I would dive into this, but I'm afraid the water is'nt quite deep enough..



Torty Mom said:


> aneey onne seene any gud moveies lateily.+?


----------



## Torty Mom (Mar 18, 2011)

No worries, it's all good!


----------



## Jacqui (Mar 18, 2011)

maggie3fan said:


> Gosh...she's really yelling at us...


 
Gee I wonder why? So is it helping? Is everybody getting the message????


----------



## Maggie Cummings (Mar 18, 2011)

onarock said:


> I agree Maggie. I have also stated in a few threads that I agree with alot of what you say. But, you did torch me for asking a question. And, you have tried to belittle me and John for the way we spell or write. I asked you those questions on the other thread because the person you were telling that stuff to was a green horn newbie and I thought that he/she should know some facts about MBD and thought you might be able to elaborate on them because you brought it up.... thats it. My first hand experience on here with you has been limited, but positive and I feel you tossed all that out because I was having a civil discussion with Doc and a heated one with Dean. Don't know what any of that had to do with you
> 
> 
> 
> ...



It was not my intent to belittle you in any way. I did intend on insulting you and get you to use SpelChek. So I apologize to you for you misunderstanding my intended insult. 
If I had wanted that newbie to know about MBD I would have told him. I didn't tell him and I don't need any prodding from you to tell me what kind of advice to give. I was talking to him about pyramiding and I didn't want to confuse his newbie brain with the concept of MBD just yet, I give advice a little at a time for new keepers. If you had wanted him to understand about MBD you could have told him yourself. As for the rest...I'm not interested


----------



## onarock (Mar 18, 2011)

Is spell check a forum tool? I dont see it on my browser as well.


----------



## Jacqui (Mar 18, 2011)

onarock said:


> Is spell check a forum tool? I dont see it on my browser as well.

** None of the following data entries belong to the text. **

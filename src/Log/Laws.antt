-- ===== src/Log/Laws.antt =====
-- Laws of the log.
use mathlib.Core.Path.{subst}
use native.Mathlib.Decide.{dec_lt, ℕ_discrete}
use cpp_raft.Base.{
  ltb, ◌==◌, if◌then◌else◌, length, get_elem?, set, take, length-append, length-take_le,
  get_elem?-take, get_elem?-some, get_elem?-append_lt, get_elem?-append_last, length-set,
  get_elem?-set_self, get_elem?-set_ne, ◌+ℤ◌, eqb_ℤ, ne→eqb_ℤ, suc-sub-one, pos, negsuc, ℕ, suc,
  ◌+◌, ◌-◌, ◌≤◌, ◌<◌, ◌≡◌, refl, sym, ◌∙◌, ◌≢◌, false, some, [], ◌∷◌, ◌++◌, arith,
}
use cpp_raft.Outcome.{ok, throws, undefined, no_such_log}
use cpp_raft.Msg.{RaftEntry}
use cpp_raft.Log.{
  at, Log, log_append_entry, log_get_from_idx, log_count, log_delete, log_mark_node_has_committed,
}

-- Within the log the accessor returns the entry at the position, which it counts from 1.
pub get_from_idx-ok :
    (l : Log) (i : ℕ) {e : RaftEntry}
    → i < length l
    → get_elem? l i ≡ some e
    → log_get_from_idx l (pos (suc i)) ≡ ok e
unfolding log_get_from_idx at
get_from_idx-ok [] i h p = absurd (omega arith)
get_from_idx-ok (x ∷ l) i h p = ground arith

pub get_from_idx-beyond :
    (l : Log) (i : ℕ) → length l < i → log_get_from_idx l (pos i) ≡ throws no_such_log
unfolding log_get_from_idx at
get_from_idx-beyond l i h = ground arith

pub get_from_idx-neg : (l : Log) (i : ℕ) → log_get_from_idx l (negsuc i) ≡ throws no_such_log
unfolding log_get_from_idx at
get_from_idx-neg l i = ground arith

pub get_from_idx-zero : (x : RaftEntry) (l : Log) → log_get_from_idx (x ∷ l) (pos 0) ≡ undefined
unfolding log_get_from_idx at
get_from_idx-zero x l = ground arith

-- Deleting from position `i + 1` keeps the first `i` entries, and is defined up to one position
-- behind the last entry.
pub delete-ok : (l : Log) (i : ℕ) → i ≤ length l → log_delete l (pos (suc i)) ≡ ok (take i l)
unfolding log_delete
delete-ok l i h = rw suc-sub-one (ground arith)

pub delete-undefined : (l : Log) (i : ℕ) → length l < i → log_delete l (pos (suc i)) ≡ undefined
unfolding log_delete
delete-undefined l i h = rw suc-sub-one (ground arith)

pub delete-zero : (l : Log) → log_delete l (pos 0) ≡ undefined
unfolding log_delete
delete-zero l = refl

-- After a delete the log is shorter, what stands before the cut is as it was, and an access at or
-- behind the cut throws.
pub delete_get :
    (l : Log) (i : ℕ)
    → i ≤ length l
    → (l' : Log) × (log_delete l (pos (suc i)) ≡ ok l')
      × (log_count l' ≡ i)
      × ((j : ℕ)
          → log_get_from_idx l' (pos (suc j))
            ≡ (if ltb j i then log_get_from_idx l (pos (suc j)) else throws no_such_log))
unfolding log_count
delete_get l i h = (
  take i l,
  delete-ok l i h,
  length-take_le i l h,
  λ j. elim (dec_lt j i) [
    | yes lt ↦
        let (e, p) = get_elem?-some l j (omega arith) in
        get_from_idx-ok (take i l) j (rw (length-take_le i l h) lt) (rw (get_elem?-take i j l lt) p)
        ∙ sym (get_from_idx-ok l j (omega arith) p)
        ∙ ground arith
    | no le ↦
        get_from_idx-beyond (take i l) (suc j) (rw (length-take_le i l h) (omega arith))
        ∙ ground arith
  ],
)

-- Appending an entry whose id is not 0 returns 1, puts the entry with its count of nodes reset
-- behind the others, and leaves every access before it as it was; behind it an access throws.
pub append_get :
    (l : Log) (c : RaftEntry)
    → c.id ≢ pos 0
    → (log_append_entry l c ≡ (1, l ++ record c { num_nodes = pos 0 } ∷ []))
      × ((j : ℕ)
          → log_get_from_idx (log_append_entry l c).1 (pos (suc j)) ≡ (
              if j == log_count l
              then ok (record c { num_nodes = pos 0 })
              else log_get_from_idx l (pos (suc j))))
unfolding log_append_entry log_count
append_get l c h =
    let nz : eqb_ℤ c.id (pos 0) ≡ false = ne→eqb_ℤ c.id (pos 0) h in
    let longer = l ++ record c { num_nodes = pos 0 } ∷ [] in
    let size : length longer ≡ length l + 1 = length-append l _ in
    (
      rw nz,
      λ j. rw nz (elim (dec_lt j (length l)) [
        | yes lt ↦
            let (e, p) = get_elem?-some l j lt in
            get_from_idx-ok longer j (omega arith) (get_elem?-append_lt l _ j lt ∙ p)
            ∙ sym (get_from_idx-ok l j lt p)
            ∙ ground arith
        | no le ↦ elim (ℕ_discrete (length l) j) [
          | yes same ↦
              get_from_idx-ok longer j (omega arith) (
                subst (λ (k : ℕ). get_elem? longer k ≡ some (record c { num_nodes = pos 0 })) same
                  (get_elem?-append_last l _))
              ∙ ground arith
          | no ne ↦
              get_from_idx-beyond longer (suc j) (omega arith)
              ∙ sym (get_from_idx-beyond l (suc j) (omega arith))
              ∙ ground arith
        ]
      ]),
    )

suc-sub : (i : ℕ) → suc i - 1 ≡ i
suc-sub i = omega arith

-- Marking position `i + 1` adds one to the count of nodes of that entry and changes no other.
pub mark_get :
    (l : Log) (i : ℕ) {e : RaftEntry}
    → i < length l
    → get_elem? l i ≡ some e
    → (l' : Log) × (log_mark_node_has_committed l (pos (suc i)) ≡ ok l')
      × (length l' ≡ length l)
      × (get_elem? l' i ≡ some (record e { num_nodes = e.num_nodes +ℤ pos 1 }))
      × ((j : ℕ) → i ≢ j → get_elem? l' j ≡ get_elem? l j)
unfolding log_mark_node_has_committed
mark_get l i {e} h p = (
  set l i (record e { num_nodes = e.num_nodes +ℤ pos 1 }),
  rw (log_mark_node_has_committed, get_from_idx-ok l i h p, suc-sub),
  length-set l i _,
  get_elem?-set_self l i _ h,
  λ j ne. get_elem?-set_ne l i j _ ne,
)
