-- ===== src/Node/Laws.antt =====
-- What the bit fields of a node hold, whatever is done to it.
use cpp_raft.Base.{ℕ, ◌≤◌, ◌≡◌, refl, ℤ, pos, negsuc, ◌≤ℤ◌, arith, +ℤ_parts}
use cpp_raft.Node.{
  Ptr, RaftNode, new_node, increment_lock2, decrement_lock2, mark_will_be_deleted, ping_received,
  set_unable_to_vote, set_next_idx, set_votes_for_me, set_udata, make_leader, reset_leader,
  increment_ok_count, ping,
}

-- A call of one of the methods that change a node.
pub data Step : RaftNode → RaftNode → Type 0 where
  lock : (n : RaftNode) → Step n (increment_lock2 n)
  unlock : (n : RaftNode) → Step n (decrement_lock2 n)
  mark : (n : RaftNode) → Step n (mark_will_be_deleted n)
  received : (n : RaftNode) (now : ℕ) → Step n (ping_received now n)
  unable : (n : RaftNode) → Step n (set_unable_to_vote n)
  next : (n : RaftNode) (idx : ℤ) → Step n (set_next_idx idx n)
  votes : (n : RaftNode) (v : ℤ) → Step n (set_votes_for_me v n)
  user : (n : RaftNode) (p : Ptr) → Step n (set_udata p n)
  lead : (n : RaftNode) → Step n (make_leader n)
  follow : (n : RaftNode) → Step n (reset_leader n)
  answered : (n : RaftNode) → Step n (increment_ok_count n)
  pinged : (n : RaftNode) → Step n (ping n)

pub data Reach (s : RaftNode) : RaftNode → Type 0 where
  here : Reach s s
  step : {t u : RaftNode} → Reach s t → Step t u → Reach s u

-- Every bit field holds a value that fits it, and pings are counted up to 8 only.
pub record Fits (n : RaftNode) : Type 0 where
  pub leader_bit : n.is_leader ≤ 1
  pub able_bit : n.is_able_to_vote ≤ 1
  pub marked_bit : n.is_marked_for_delete ≤ 1
  pub pings : n.ping_count ≤ 8
  pub ok_above : negsuc 511 ≤ℤ n.ok_count
  pub ok_below : n.ok_count ≤ℤ pos 511

pub new_node-Fits : (now : ℕ) → Fits (new_node now)
unfolding new_node
new_node-Fits now = ground arith

pub Step-Fits : {n m : RaftNode} → Step n m → Fits n → Fits m
unfolding increment_lock2 decrement_lock2 mark_will_be_deleted ping_received set_unable_to_vote
    set_next_idx set_votes_for_me set_udata make_leader reset_leader increment_ok_count ping
Step-Fits (lock n) f = ground arith
Step-Fits (received n now) f = ground arith
Step-Fits (answered n) f = ground (arith, +ℤ_parts n.ok_count (pos 1))
Step-Fits (pinged n) f = ground arith
Step-Fits _ f = ground arith

-- Whatever methods are called on a new node, in whatever order, each bit field holds a value that
-- fits it: the flags are 0 or 1, the ping count stays at most 8 and the answer count within 10
-- signed bits.
pub Reach-Fits : (now : ℕ) {n : RaftNode} → Reach (new_node now) n → Fits n
Reach-Fits now here = new_node-Fits now
Reach-Fits now (step r s) = Step-Fits s (Reach-Fits now r)

-- Once a node is marked for deletion, no method takes the mark away.
pub Step-marked :
    {n m : RaftNode} → Step n m → n.is_marked_for_delete ≡ 1 → m.is_marked_for_delete ≡ 1
unfolding increment_lock2 decrement_lock2 mark_will_be_deleted ping_received set_unable_to_vote
    set_next_idx set_votes_for_me set_udata make_leader reset_leader increment_ok_count ping
Step-marked (mark n) h = refl
Step-marked (pinged n) h = ground arith
Step-marked _ h = h
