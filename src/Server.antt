-- ===== src/Server.antt =====
-- raft_server.cpp: one server of the cluster. The children hold the state, the handlers by topic,
-- and what is proved of them.
pub mod State
pub mod Voting
pub mod Election
pub mod Applying
pub mod Appending
pub mod Replies
pub mod Members
pub mod Periodic
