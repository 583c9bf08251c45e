-- ===== src/Server/State.antt =====
-- The fields of `RaftServer`, its constructor and its small methods. The nodes are in a store, by
-- address; `nodes` is the list behind `m_Nodes`. `sent` and `applied` record the calls of the
-- callbacks `send` and `applylog`, which the flags `cb_send` and `cb_applylog` say are set.
pub mod Loops
use cpp_raft.Base.{
  ℕ, suc, ◌+◌, ◌≡◌, ℤ, pos, Bool, true, false, List, [], ◌∷◌, ◌++◌, ◌||◌, ◌&&◌, not, ◌==◌, length,
  if◌then◌else◌, ◌+ℤ◌,
}
use cpp_raft.Outcome.{Fault}
use cpp_raft.Msg.{
  RaftEntry, Msg, MsgRequestvote, requestvote, requestvote_response, appendentries,
  appendentries_response, entry_response, new_append_entries,
}
use cpp_raft.Log.{Log}
use cpp_raft.Node.{Ptr, null, RaftNode}

-- `RAFT_STATE`
pub data RaftState : Type 0 where
  none_state follower candidate leader : RaftState

abbrev pub is_follower : RaftState → Bool
is_follower follower = true
is_follower _ = false

abbrev pub is_leader : RaftState → Bool
is_leader leader = true
is_leader _ = false

abbrev pub is_candidate : RaftState → Bool
is_candidate candidate = true
is_candidate _ = false

pub record Server : Type 0 where
  pub current_term : ℤ
  pub voted_for : Ptr
  pub log : Log
  pub commit_idx : ℤ
  pub last_applied_idx : ℤ
  pub state : RaftState
  pub current_idx : ℤ
  pub timeout_elapsed : ℤ
  pub nodes : List Ptr
  pub store : Ptr → RaftNode
  pub leader_commit : ℤ
  pub election_timeout : ℤ
  pub request_timeout : ℤ
  pub cb_send : Bool
  pub cb_applylog : Bool
  pub this_node : Ptr
  pub sent : List (Ptr × Msg)
  pub applied : List RaftEntry

-- How a method ends: it returns, it throws, it leaves the defined language, it waits for another
-- thread, or the fuel of a loop was too little (which the theorems exclude).
pub data Run (A : Type 0) : Type 0 where
  returns : A → Server → Run A
  throws : Fault → Server → Run A
  undefined : Run A
  waits : Server → Run A
  out_of_fuel : Run A

abbrev pub and_then : {A B : Type 0} → Run A → (A → Server → Run B) → Run B
and_then (returns a s) k = k a s
and_then (throws x s) k = throws x s
and_then undefined k = undefined
and_then (waits s) k = waits s
and_then out_of_fuel k = out_of_fuel

-- `RaftServer::RaftServer`. The constructor leaves the callbacks as the memory holds them, and the
-- store as it is.
unfoldable pub new_server : Bool → Bool → (Ptr → RaftNode) → Server
new_server cb_send cb_applylog store = record {
  current_term = pos 0;
  voted_for = null;
  log = [];
  commit_idx = pos 0;
  last_applied_idx = pos 0;
  state = follower;
  current_idx = pos 1;
  timeout_elapsed = pos 0;
  nodes = [];
  store = store;
  leader_commit = pos 0;
  election_timeout = pos 1000;
  request_timeout = pos 200;
  cb_send = cb_send;
  cb_applylog = cb_applylog;
  this_node = null;
  sent = [];
  applied = [];
}

unfoldable pub set_callbacks : Bool → Bool → Server → Server
set_callbacks cb_send cb_applylog s = record s { cb_send = cb_send; cb_applylog = cb_applylog }

unfoldable pub set_election_timeout : ℤ → Server → Server
set_election_timeout millisec s = record s { election_timeout = millisec }

unfoldable pub set_request_timeout : ℤ → Server → Server
set_request_timeout millisec s = record s { request_timeout = millisec }

unfoldable pub set_current_term : ℤ → Server → Server
set_current_term term s = record s { current_term = term }

unfoldable pub set_current_idx : ℤ → Server → Server
set_current_idx idx s = record s { current_idx = idx }

unfoldable pub set_commit_idx : ℤ → Server → Server
set_commit_idx idx s = record s { commit_idx = idx }

unfoldable pub set_last_applied_idx : ℤ → Server → Server
set_last_applied_idx idx s = record s { last_applied_idx = idx }

unfoldable pub vote : Ptr → Server → Server
vote p s = record s { voted_for = p }

-- A change of the node at an address.
unfoldable pub update : Ptr → (RaftNode → RaftNode) → (Ptr → RaftNode) → Ptr → RaftNode
update p f store q = if q == p then f (store q) else store q

unfoldable pub at_node : Ptr → (RaftNode → RaftNode) → Server → Server
unfolding update
at_node p f s = record s { store = update p f s.store }

-- `if (this->cb.send) this->cb.send(...)`
unfoldable pub send : Ptr → Msg → Server → Server
send p m s = if s.cb_send then record s { sent = s.sent ++ (p, m) ∷ [] } else s

-- The loop of `forAllNodesExceptSelf`. No callback of the class changes the list.
unfoldable pub for_nodes : (Ptr → Server → Server) → Bool → List Ptr → Server → Server
for_nodes f skip_leader [] s = s
for_nodes f skip_leader (p ∷ ps) s =
    for_nodes f skip_leader ps
      (if (p == s.this_node) || (skip_leader && ((s.store p).is_leader == 1)) then s else f p s)

unfoldable pub for_all_nodes_except_self : (Ptr → Server → Server) → Bool → Server → Server
unfolding for_nodes
for_all_nodes_except_self f skip_leader s = for_nodes f skip_leader s.nodes s

unfoldable pub send_requestvote : Ptr → Server → Server
unfolding send
send_requestvote p s =
    send p
      (requestvote (record {
        term = s.current_term;
        candidate_id = pos 0;
        last_log_idx = s.current_idx;
        last_log_term = pos 0;
      }))
      s

-- The arguments of the constructor in the source's order: the previous log index is 0 and the
-- node's next index goes to the previous log term. The message has no entries, so there is one
-- call of `send`.
unfoldable pub send_appendentries : Ptr → Server → Server
unfolding send new_append_entries
send_appendentries p s =
    send p
      (appendentries
        (new_append_entries s.current_term (pos 0) (s.store p).next_idx (pos 0) s.leader_commit))
      s

unfoldable pub send_appendentries_all : Server → Server
unfolding for_all_nodes_except_self send_appendentries
send_appendentries_all s =
    for_all_nodes_except_self send_appendentries false
      (record s { leader_commit = s.leader_commit +ℤ pos 1 })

Last I knew, no it isn't. I use Mozilla to get on here and thus use their spell check system, rather on mine it does it automatically by underlining misspelled (or words they think are misspelled like hatchling) with a bright red line. You click on it and it gives you a list of possible words and their spellings for you to choose from.


----------



## John (Mar 18, 2011)

ya know i've worked with my hands my whole life never really had any use for typing till now.gee i hope i don't become bitter and miserable when i'm old.how's that did i spell it right for ya?


----------



## dmmj (Mar 18, 2011)

I use mozilla with spell check, and I can't understand why it underlines hatchling every time?


----------



## Fernando (Mar 18, 2011)

emysemys said:


> *OK!!! We can't all be 70 WPM typists.*



I'm a 70 WPM person 

But I understand everything everyone has been saying despite misspelling haha. 

I grew up during the internet boom...the LOL's OMG's STFU's LMAO's TTYL's.....more abreviations then I'd like to know really. 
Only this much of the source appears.